GCTAを使用してGRMを作成しようとしています。https://yanglab.westlake.edu.cn/software/gcta/#MakingaGRM。
私は約10,000人の遺伝的.bim .bed .famスタイルデータで作業しています。 GRMの作成に使用されるIDを含む.txtファイルがあります。以下はファイルの上部の例です。
184756782736_R06C02
847590372877_R03C02
758697857466_R03C02
102938475999_R05C01
176766475869_R08C02
398987586666_R06C02
私はそれらを列のリストにソートしようとしましたが、スペースとタブで区切った。

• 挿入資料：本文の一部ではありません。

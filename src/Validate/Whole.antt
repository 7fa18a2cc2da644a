-- ===== src/Validate/Whole.antt =====
-- Validate of validator/validate.go: all checks, in the order of the code.
use dippin_lang.Base.{Str, List, [], ◌++◌, ◌≡◌, ◌↔◌, In, All, Distinct, append-eq_nil}
use dippin_lang.Ir.{Workflow, Node}
use dippin_lang.Ir.Arc.{HasEdge, Arc, Reach, ids, HasUniqueIds}
use dippin_lang.Validate.Defs.{
  Diagnostic, check_no_duplicate_nodes, check_start_exists, check_exit_exists, check_edge_endpoints,
  check_exit_no_outgoing, check_no_duplicate_edges, check_reachability, check_parallel_fan_in,
}
use dippin_lang.Validate.Cycles.{check_no_cycles}
use dippin_lang.Validate.Cycles.Exact.{Follow, IsLooping, check_no_cycles_iff}
use dippin_lang.Validate.Graph.{
  IsKnownOrEmpty, check_start_exists_iff, check_exit_exists_iff, check_edge_endpoints_iff,
  check_reachability_iff, check_exit_no_outgoing_iff,
}
use dippin_lang.Validate.Duplicates.{
  edge_keys, check_no_duplicate_nodes_iff, check_no_duplicate_edges_iff,
}
use dippin_lang.Validate.Pairs.{IsPaired, check_parallel_fan_in_iff}

unfoldable pub validate : Workflow → List Diagnostic
validate w =
    check_no_duplicate_nodes w
    ++ (check_start_exists w
        ++ (check_exit_exists w
            ++ (check_edge_endpoints w
                ++ (check_exit_no_outgoing w
                    ++ (check_no_duplicate_edges w
                        ++ (check_reachability w
                            ++ (check_no_cycles w ++ check_parallel_fan_in w)))))))

-- What a workflow is to be, in terms of its graph.
pub record IsWellFormed (w : Workflow) : Type 0 where
  pub unique : HasUniqueIds w
  pub start : (¬ (w.start ≡ [])) × In w.start (ids w.nodes)
  pub exit : (¬ (w.exit ≡ [])) × In w.exit (ids w.nodes)
  pub known : (u v : Str) → HasEdge w.edges u v → IsKnownOrEmpty w u × IsKnownOrEmpty w v
  pub last : (v : Str) → ¬ Arc w w.exit v
  pub edges : Distinct (edge_keys w.edges)
  pub reached : (x : Str) → In x (ids w.nodes) → Reach w w.start x
  pub acyclic : (x v : Str) → In x (ids w.nodes) → Follow w x v → ¬ IsLooping w v
  pub paired : All (λ (n : Node). IsPaired w.nodes n.config) w.nodes

-- No check reports anything.
record AllSilent (w : Workflow) : Type 0 where
  unique : check_no_duplicate_nodes w ≡ []
  start : check_start_exists w ≡ []
  exit : check_exit_exists w ≡ []
  known : check_edge_endpoints w ≡ []
  last : check_exit_no_outgoing w ≡ []
  edges : check_no_duplicate_edges w ≡ []
  reached : check_reachability w ≡ []
  acyclic : check_no_cycles w ≡ []
  paired : check_parallel_fan_in w ≡ []

append_nil : {A : Type 0} (xs ys : List A) → xs ≡ [] → ys ≡ [] → xs ++ ys ≡ []
append_nil xs ys h k = (append-eq_nil xs ys).1 (h, k)

validate-silent : (w : Workflow) → validate w ≡ [] → AllSilent w
unfolding validate
validate-silent w h0 =
    let (a, h1) = (append-eq_nil (check_no_duplicate_nodes w) _).0 h0 in
    let (b, h2) = (append-eq_nil (check_start_exists w) _).0 h1 in
    let (c, h3) = (append-eq_nil (check_exit_exists w) _).0 h2 in
    let (d, h4) = (append-eq_nil (check_edge_endpoints w) _).0 h3 in
    let (e, h5) = (append-eq_nil (check_exit_no_outgoing w) _).0 h4 in
    let (f, h6) = (append-eq_nil (check_no_duplicate_edges w) _).0 h5 in
    let (g, h7) = (append-eq_nil (check_reachability w) _).0 h6 in
    let (p, q) = (append-eq_nil (check_no_cycles w) _).0 h7 in
    record {
      unique = a;
      start = b;
      exit = c;
      known = d;
      last = e;
      edges = f;
      reached = g;
      acyclic = p;
      paired = q;
    }

silent_validate : (w : Workflow) → AllSilent w → validate w ≡ []
unfolding validate
silent_validate w s = append_nil _ _ s.unique (
    append_nil _ _ s.start (
      append_nil _ _ s.exit (
        append_nil _ _ s.known (
          append_nil _ _ s.last (
            append_nil _ _ s.edges
              (append_nil _ _ s.reached (append_nil _ _ s.acyclic s.paired)))))))

-- Validate reports nothing exactly if the workflow is well formed: its IDs are unique, start and exit are there,
-- each end of an edge is empty or the ID of a node, no arc leaves the exit, no edge stands twice, start reaches
-- every node, no node is followed, along edges that are not restarts, by a cycle of such edges, and fan-outs and
-- joins are paired, their lists being the same up to order, repeated IDs counted.
pub validate_iff : (w : Workflow) → (validate w ≡ []) ↔ IsWellFormed w
validate_iff w = (
  λ h.
      let s = validate-silent w h in
      let ids_unique = (check_no_duplicate_nodes_iff w).0 s.unique in
      record {
        unique = ids_unique;
        start = (check_start_exists_iff w).0 s.start;
        exit = (check_exit_exists_iff w).0 s.exit;
        known = (check_edge_endpoints_iff w).0 s.known;
        last = (check_exit_no_outgoing_iff w ids_unique s.exit).0 s.last;
        edges = (check_no_duplicate_edges_iff w).0 s.edges;
        reached = (check_reachability_iff w s.start).0 s.reached;
        acyclic = (check_no_cycles_iff w s.start).0 s.acyclic;
        paired = (check_parallel_fan_in_iff w).0 s.paired;
      },
  λ f.
      let start = (check_start_exists_iff w).1 f.start in
      let exit = (check_exit_exists_iff w).1 f.exit in
      silent_validate w (record {
        unique = (check_no_duplicate_nodes_iff w).1 f.unique;
        start = start;
        exit = exit;
        known = (check_edge_endpoints_iff w).1 f.known;
        last = (check_exit_no_outgoing_iff w f.unique exit).1 f.last;
        edges = (check_no_duplicate_edges_iff w).1 f.edges;
        reached = (check_reachability_iff w start).1 f.reached;
        acyclic = (check_no_cycles_iff w start).1 f.acyclic;
        paired = (check_parallel_fan_in_iff w).1 f.paired;
      }),
)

私のコードは[ここでdata = data.famで、file.txtは保持/保存するIDの.txtファイルです]:
gcta64 --bfile /data --keep file.txt --maf 0.01 --make-grm --out out_file
ただし、コードを実行するとエラーが発生します。
Error: the subject list file [file.txt], line 1 has elements less than 2
トピックリストファイルは、IDが[file.txt]のファイルであると仮定します。
これは私が正しい方法を使用していることを意味するので、これがデータ/Linuxの問題であるに違いないと思いますか? https://cnsgenomics.com/data/teaching/STAT7306/2019/Practical/Practical_partF.pdf
グーグルしてみると何も出てこないですね。
誰でもどんな提案がありますか?とても感謝しています。